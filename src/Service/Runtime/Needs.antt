-- ===== src/Service/Runtime/Needs.antt =====
-- What a configuration needs to run: protocol by protocol and mode by mode.
use cpanelde.Prelude.{
  ◌≡◌, ◌≢◌, ◌⊎◌, Bool, true, List, [], ◌∷◌, Text, Option, some, nat_eq, text_eq, codes, trim_space,
  Map, lookup,
}
use cpanelde.Model.Types.{Value, text, CertConfig, NodeSpec}
use cpanelde.Model.Support.{normal}

abbrev pub NonBlank : Text → Type 0
NonBlank t = trim_space t ≢ []

-- The protocols that need a certificate.
pub data NeedsCertificate (spec : NodeSpec) : Type 0 where
  hysteria : spec.protocol ≡ codes "hysteria" → NeedsCertificate spec
  hysteria2 : spec.protocol ≡ codes "hysteria2" → NeedsCertificate spec
  tuic : spec.protocol ≡ codes "tuic" → NeedsCertificate spec
  anytls : spec.protocol ≡ codes "anytls" → NeedsCertificate spec
  trojan : spec.protocol ≡ codes "trojan" → spec.tls ≢ 2 → NeedsCertificate spec

-- The modes in which a configuration brings a certificate, with what each takes.
pub data Brings (c : CertConfig) : Type 0 where
  self_signed : normal c.cert_mode ≡ codes "self" → Brings c
  in_content :
      normal c.cert_mode ≡ codes "content"
      → NonBlank c.cert_content
      → NonBlank c.key_content
      → Brings c
  in_files :
      normal c.cert_mode ≡ codes "file" → NonBlank c.cert_file → NonBlank c.key_file → Brings c
  over_http : normal c.cert_mode ≡ codes "http" → NonBlank c.domain → Brings c
  over_dns :
      normal c.cert_mode ≡ codes "dns" → NonBlank c.domain → NonBlank c.dns_provider → Brings c

-- The certificate settings, where the configuration has any.
abbrev pub Brought : Option CertConfig → Type 0
Brought o = (c : CertConfig) × (o ≡ some c) × Brings c

-- A text that is not blank stands under the key.
pub data HasText (settings : Map Text Value) (key : Text) : Type 0 where
  has_text : {t : Text} → lookup key settings ≡ some (text t) → NonBlank t → HasText settings key

abbrev pub Named : Map Text Value → Type 0
Named settings =
    HasText settings (codes "private_key")
    × (HasText settings (codes "server_name") ⊎ HasText settings (codes "dest"))

abbrev pub HasReality : Option (Map Text Value) → Type 0
HasReality o = (settings : Map Text Value) × (o ≡ some settings) × Named settings

-- A DNS challenge, if the configuration asks for one, names a known provider.
abbrev pub Challenge : (Text → Bool) → Option CertConfig → Type 0
Challenge is_provider o =
    (c : CertConfig)
    → o ≡ some c
    → normal c.cert_mode ≡ codes "dns"
    → NonBlank c.dns_provider × (is_provider (trim_space c.dns_provider) ≡ true)

-- The text is in the list.
pub data Listed (t : Text) : List Text → Type 0 where
  first : {u : Text} {us : List Text} → t ≡ u → Listed t (u ∷ us)
  later : {u : Text} {us : List Text} → Listed t us → Listed t (u ∷ us)

-- What a configuration that may run has: a protocol that the kernel supports; a certificate, or a
-- way to get one, where the protocol needs one; the key and a name for REALITY; a known provider
-- for a DNS challenge.
pub record Runnable (is_provider : Text → Bool) (supported : List Text) (has_cert : Bool)
    (spec : NodeSpec) : Type 0 where
  pub protocol : Listed spec.protocol supported
  pub certificate : NeedsCertificate spec → (has_cert ≡ true) ⊎ Brought spec.cert_config
  pub reality : spec.tls ≡ 2 → HasReality spec.tls_settings
  pub challenge : Challenge is_provider spec.cert_config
◇ ◇ ◇
Your task ▸ Having read the entries above, repeat them exactly.

Answer space ▸
filename src/Service/Runtime/Needs.antt
-- ===== src/Service/Runtime/Needs.antt =====
-- What a configuration needs to run: protocol by protocol and mode by mode.
use cpanelde.Prelude.{
  ◌≡◌, ◌≢◌, ◌⊎◌, Bool, true, List, [], ◌∷◌, Text, Option, some, nat_eq, text_eq, codes, trim_space,
  Map, lookup,
}
use cpanelde.Model.Types.{Value, text, CertConfig, NodeSpec}
use cpanelde.Model.Support.{normal}

abbrev pub NonBlank : Text → Type 0
NonBlank t = trim_space t ≢ []

-- The protocols that need a certificate.
pub data NeedsCertificate (spec : NodeSpec) : Type 0 where
  hysteria : spec.protocol ≡ codes "hysteria" → NeedsCertificate spec
  hysteria2 : spec.protocol ≡ codes "hysteria2" → NeedsCertificate spec
  tuic : spec.protocol ≡ codes "tuic" → NeedsCertificate spec
  anytls : spec.protocol ≡ codes "anytls" → NeedsCertificate spec
  trojan : spec.protocol ≡ codes "trojan" → spec.tls ≢ 2 → NeedsCertificate spec

-- The modes in which a configuration brings a certificate, with what each takes.
pub data Brings (c : CertConfig) : Type 0 where
  self_signed : normal c.cert_mode ≡ codes "self" → Brings c
  in_content :
      normal c.cert_mode ≡ codes "content"
      → NonBlank c.cert_content
      → NonBlank c.key_content
      → Brings c
  in_files :
      normal c.cert_mode ≡ codes "file" → NonBlank c.cert_file → NonBlank c.key_file → Brings c
  over_http : normal c.cert_mode ≡ codes "http" → NonBlank c.domain → Brings c
  over_dns :
      normal c.cert_mode ≡ codes "dns" → NonBlank c.domain → NonBlank c.dns_provider → Brings c

-- The certificate settings, where the configuration has any.
abbrev pub Brought : Option CertConfig → Type 0
Brought o = (c : CertConfig) × (o ≡ some c) × Brings c

-- A text that is not blank stands under the key.
pub data HasText (settings : Map Text Value) (key : Text) : Type 0 where
  has_text : {t : Text} → lookup key settings ≡ some (text t) → NonBlank t → HasText settings key

abbrev pub Named : Map Text Value → Type 0
Named settings =
    HasText settings (codes "private_key")
    × (HasText settings (codes "server_name") ⊎ HasText settings (codes "dest"))

abbrev pub HasReality : Option (Map Text Value) → Type 0
HasReality o = (settings : Map Text Value) × (o ≡ some settings) × Named settings

-- A DNS challenge, if the configuration asks for one, names a known provider.
abbrev pub Challenge : (Text → Bool) → Option CertConfig → Type 0
Challenge is_provider o =
    (c : CertConfig)
    → o ≡ some c
    → normal c.cert_mode ≡ codes "dns"
    → NonBlank c.dns_provider × (is_provider (trim_space c.dns_provider) ≡ true)

-- The text is in the list.
pub data Listed (t : Text) : List Text → Type 0 where
  first : {u : Text} {us : List Text} → t ≡ u → Listed t (u ∷ us)
  later : {u : Text} {us : List Text} → Listed t us → Listed t (u ∷ us)

-- What a configuration that may run has: a protocol that the kernel supports; a certificate, or a
-- way to get one, where the protocol needs one; the key and a name for REALITY; a known provider
-- for a DNS challenge.
pub record Runnable (is_provider : Text → Bool) (supported : List Text) (has_cert : Bool)
    (spec : NodeSpec) : Type 0 where
  pub protocol : Listed spec.protocol supported
  pub certificate : NeedsCertificate spec → (has_cert ≡ true) ⊎ Brought spec.cert_config
  pub reality : spec.tls ≡ 2 → HasReality spec.tls_settings
  pub challenge : Challenge is_provider spec.cert_config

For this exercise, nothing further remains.